Tutorials

The 17th annual IEEE International Conference on High Performance Computing (HiPC 2010) will be held in Goa, India, during December 19-22, 2010. It will serve as a forum to present the current work by researchers from around the world. HiPC 2010 will focus on the design and analysis of high performance computing and networking systems and their scientific, engineering, and commercial applications.

The conference will be co-located with the following tutorials.

Tutorial I: Tutorial on Architecture Specific Optimizations for modern CPU and GPU

[Dec. 19; 2:00pm - 6:30pm; Sala de Banquet]

Speakers
Dhiraj Kalamkar and Sangeeta Bhattacharya, Intel Labs, India

Background
As multicore architectures overtake single-core architectures in today and future computer systems, applications must switch to parallel algorithms to achieve higher performance. Years of researches have yielded many ways to parallelize applications - functional decomposition, data partitioning, etc. However, we found exploiting parallelism alone at the algorithmic level is not sufficient to achieve the best performance. We must take into account the underlying platform architecture characteristics such as core architecture, SIMD width, bandwidth, etc. to achieve optimal application performance.

Intel's Throughput Computing lab has been engaging in platform specific optimizations for the last many years.
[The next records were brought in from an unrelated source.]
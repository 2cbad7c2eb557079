-- ===== src/Prelude/Lexicographic.antt =====
-- A comparison by a text, and by another order where the texts are equal.
use mathlib.Core.Bool.{Bool, true, false, not}
use mathlib.Core.Logic.{inl, inr}
use mathlib.Core.Path.{◌≡◌, sym, ap, ◌∙◌}
use native.Mathlib.Omega.{arith}
use Prim.Native.String.{String}
use text.Mathlib.Text.{◌==◌ as str_eq}
use text.Mathlib.TextEquality.{eq_iff}
use cost_risk_aware_gitops_p.Prelude.Tests.{if◌then◌else◌, Bool-cases}
use cost_risk_aware_gitops_p.Prelude.Texts.{str_lt}
use cost_risk_aware_gitops_p.Prelude.Sorting.{IsWeakOrder}
use cost_risk_aware_gitops_p.Prelude.TextOrder.{str_lt-IsWeakOrder, str_lt_antisymm}

module _ {ℓ} {A : Type ℓ} (text : A → String) where
  pub text_less-IsWeakOrder : IsWeakOrder (λ a b. str_lt (text a) (text b))
  text_less-IsWeakOrder = record {
    asymm = λ a b. str_lt-IsWeakOrder.asymm (text a) (text b);
    neg_trans = λ a b c. str_lt-IsWeakOrder.neg_trans (text a) (text b) (text c);
  }

  module _ (less : A → A → Bool) (weak : IsWeakOrder less) where
    abbrev pub text_then : A → A → Bool
    text_then a b = if not (str_eq (text a) (text b)) then str_lt (text a) (text b) else less a b

    asymm_then : (a b : A) → text_then a b ≡ true → text_then b a ≡ false
    asymm_then a b h =
        let there = eq_iff (text a) (text b) in
        let back = eq_iff (text b) (text a) in
        let texts = str_lt-IsWeakOrder.asymm (text a) (text b) in
        let rest = weak.asymm a b in ground (arith, there, back, texts, rest)

    text_then-eq : (a b : A) → text a ≡ text b → text_then a b ≡ less a b
    text_then-eq a b e = let equal = (eq_iff (text a) (text b)).1 e in ground (arith, equal)

    text_then-ne :
        (a b : A) → str_eq (text a) (text b) ≡ false → text_then a b ≡ str_lt (text a) (text b)
    text_then-ne a b n = ground (arith, n)

    neg_trans_then :
        (a b c : A) → text_then a b ≡ false → text_then b c ≡ false → text_then a c ≡ false
    neg_trans_then a b c h k = elim (Bool-cases (str_eq (text a) (text b))) [
      | inl e ↦
          let ab = (eq_iff (text a) (text b)).0 e in
          elim (Bool-cases (str_eq (text b) (text c))) [
            | inl f ↦
                let bc = (eq_iff (text b) (text c)).0 f in
                text_then-eq a c (ab ∙ bc)
                ∙ weak.neg_trans a b c (sym (text_then-eq a b ab) ∙ h)
                    (sym (text_then-eq b c bc) ∙ k)
            | inr f ↦
                text_then-ne a c (ap (λ t. str_eq t (text c)) ab ∙ f)
                ∙ ap (λ t. str_lt t (text c)) ab
                ∙ sym (text_then-ne b c f)
                ∙ k
          ]
      | inr e ↦
          let below = sym (text_then-ne a b e) ∙ h in
          elim (Bool-cases (str_eq (text b) (text c))) [
            | inl f ↦
                let bc = (eq_iff (text b) (text c)).0 f in
                text_then-ne a c (ap (str_eq (text a)) (sym bc) ∙ e)
                ∙ ap (str_lt (text a)) (sym bc)
                ∙ below
            | inr f ↦
                let above = sym (text_then-ne b c f) ∙ k in
                elim (Bool-cases (str_eq (text a) (text c))) [
                  | inl g ↦
                      let ac = (eq_iff (text a) (text c)).0 g in
                      let ab =
                        str_lt_antisymm (text a) (text b) below (ap (str_lt (text b)) ac ∙ above) in
                      let equal = (eq_iff (text a) (text b)).1 ab in ground (arith, e, equal)
                  | inr g ↦
                      text_then-ne a c g
                      ∙ str_lt-IsWeakOrder.neg_trans (text a) (text b) (text c) below above
                ]
          ]
    ]

    pub text_then-IsWeakOrder : IsWeakOrder text_then
    text_then-IsWeakOrder = record { asymm = asymm_then; neg_trans = neg_trans_then }
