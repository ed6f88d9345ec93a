-- ===== src/Xv6/Log/Ops/Runs.antt =====
-- Runs of the system calls that use the log: each may write `MAXOPBLOCKS` blocks between its `begin_op`
-- and its `end_op`.
use os_project.Base.{
  ℕ, suc, ◌+◌, ◌≤◌, ◌≡◌, Bool, true, false, some, List, [], ◌∷◌, ◌++◌, All, length, sum,
}
use os_project.Xv6.Log.{log_size, max_op_blocks}
use os_project.Xv6.Log.Ops.{Log, begin_op, log_write, end_op, end_commit}

-- The log, and for each call in progress the writes that it has left.
pub record System : Type 0 where
  pub log : Log
  pub left : List ℕ

pub data Step : System → System → Type 0 where
  begin :
      (s : System) (l : Log)
      → begin_op s.log ≡ some l
      → Step s (record { log = l; left = max_op_blocks ∷ s.left })
  write :
      (s : System) (l : Log) (before after : List ℕ) (k b : ℕ)
      → s.left ≡ before ++ (suc k ∷ after)
      → log_write b s.log ≡ some l
      → Step s (record { log = l; left = before ++ (k ∷ after) })
  end :
      (s : System) (l : Log) (do_commit : Bool) (before after : List ℕ) (k : ℕ)
      → s.left ≡ before ++ (k ∷ after)
      → end_op s.log ≡ some (l, do_commit)
      → Step s (record { log = l; left = before ++ after })
  committed : (s : System) → s.log.committing ≡ true → Step s (record s { log = end_commit s.log })

-- From an empty log with no call in progress.
pub data Reach (size : ℕ) : System → Type 0 where
  start :
      (s : System)
      → s.log.size ≡ size
      → (s.log.lh.n ≡ 0) × (s.log.outstanding ≡ 0) × (s.log.committing ≡ false) × (s.left ≡ [])
      → Reach size s
  next : {s t : System} → Reach size s → Step s t → Reach size t

record Inv (size : ℕ) (s : System) : Type 0 where
  sized : s.log.size ≡ size
  counted : s.log.outstanding ≡ length s.left
  few : All (λ k. k ≤ max_op_blocks) s.left
  room : s.log.lh.n + sum s.left ≤ log_size
  calls : s.log.outstanding ≤ log_size
  alone : s.log.committing ≡ true → s.left ≡ []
We work with many companies in optimizing their applications for Intel and other non-Intel platforms. We have published many technical papers on this topic to top conferences such as IEEE vis, Sigmod, VLDB, IEEE signal processing magazine, ISCA, ICS, SC, Siggraph, etc.

Tutorial description
The goal of this tutorial is to present a summary of our optimization work in many application domains on modern CPU and GPU to the audience. The tutorial will include a discussion of architecture trend of modern CPUs and GPUs as well as their architecture difference. We will offer optimization guides for modern CPU as well as modern GPU. Examples of how architecture specific optimizations have improved real applications will be discussed to reinforce our teaching. We will conclude with a summary of the techniques discussed.

Target audience
This tutorial targets experienced programmers who are interested in improving their programs performance using proven techniques.

Breakdown of the tutorial materials
20% Introductory
30% Intermediate
30% Advanced

Website
http://sites.google.com/site/optimizingforcpuandgpu/

Tutorial II: NVIDIA CUDA - What's new in CUDA and Fermi architecture

[Dec. 19; 2:00pm - 6:30pm; Harmonia]

Speakers
Manish Bali, NVIDIA Corporation, India
Dibyapran Sanyal, NVIDIA Corporation, India
Swapna Matwankar, NVIDIA Corporation, India

Background
All around the world high performance computing is witnessing an era of disruptive innovation with highly parallel applications that achieve dramatic speedups at significantly lower power budgets. CUDA is a general purpose architecture for writing such highly parallel applications with support for several key abstractions for scalable high-performance parallel computing. With a rapid chain of innovations in programming ecosystem coupled with newer generation GPUs such as Fermi, CUDA today supports many languages, developer tools and libraries on a new breed of supercomputers. Recently, the world's fastest supercomputer "Tianhe-1A" using 7168 Fermi GPUs to provide 2.507 Petaflops of LINPACK performance at 3X lower power budget was unveiled at National Supercomputer Center at Tianjin, China. Scientists and engineers are today using CUDA in both research and production environment to push the envelope of discovery in a wide range of disciplines from finance to drug discovery to engineering to oil and gas exploration.

Tutorial description
In this tutorial we begin with an overview of basics of CUDA programming model and describe some of the key abstractions and newer features of CUDA in detail. We then look at the capabilities of Fermi and optimization techniques specific to Fermi. We next cover the CUDA programming ecosystem containing different developer tools and resources and wrap up with Q&A.

Target audience
This tutorial targets experienced programmers who are interested in developing high performance computing applications using CUDA. Prior knowledge of CUDA is not mandatory.

Tutorial III: Amazon Web Services

[Dec. 19; 11:00am - 1:00pm; Harmonia]

Speakers
Simone Brunozzi, Amazon

Tutorial description
This tutorial is intended to briefly introduce the Amazon Web Services to the audience; in particular to introduce new instance types targetted at HPC users.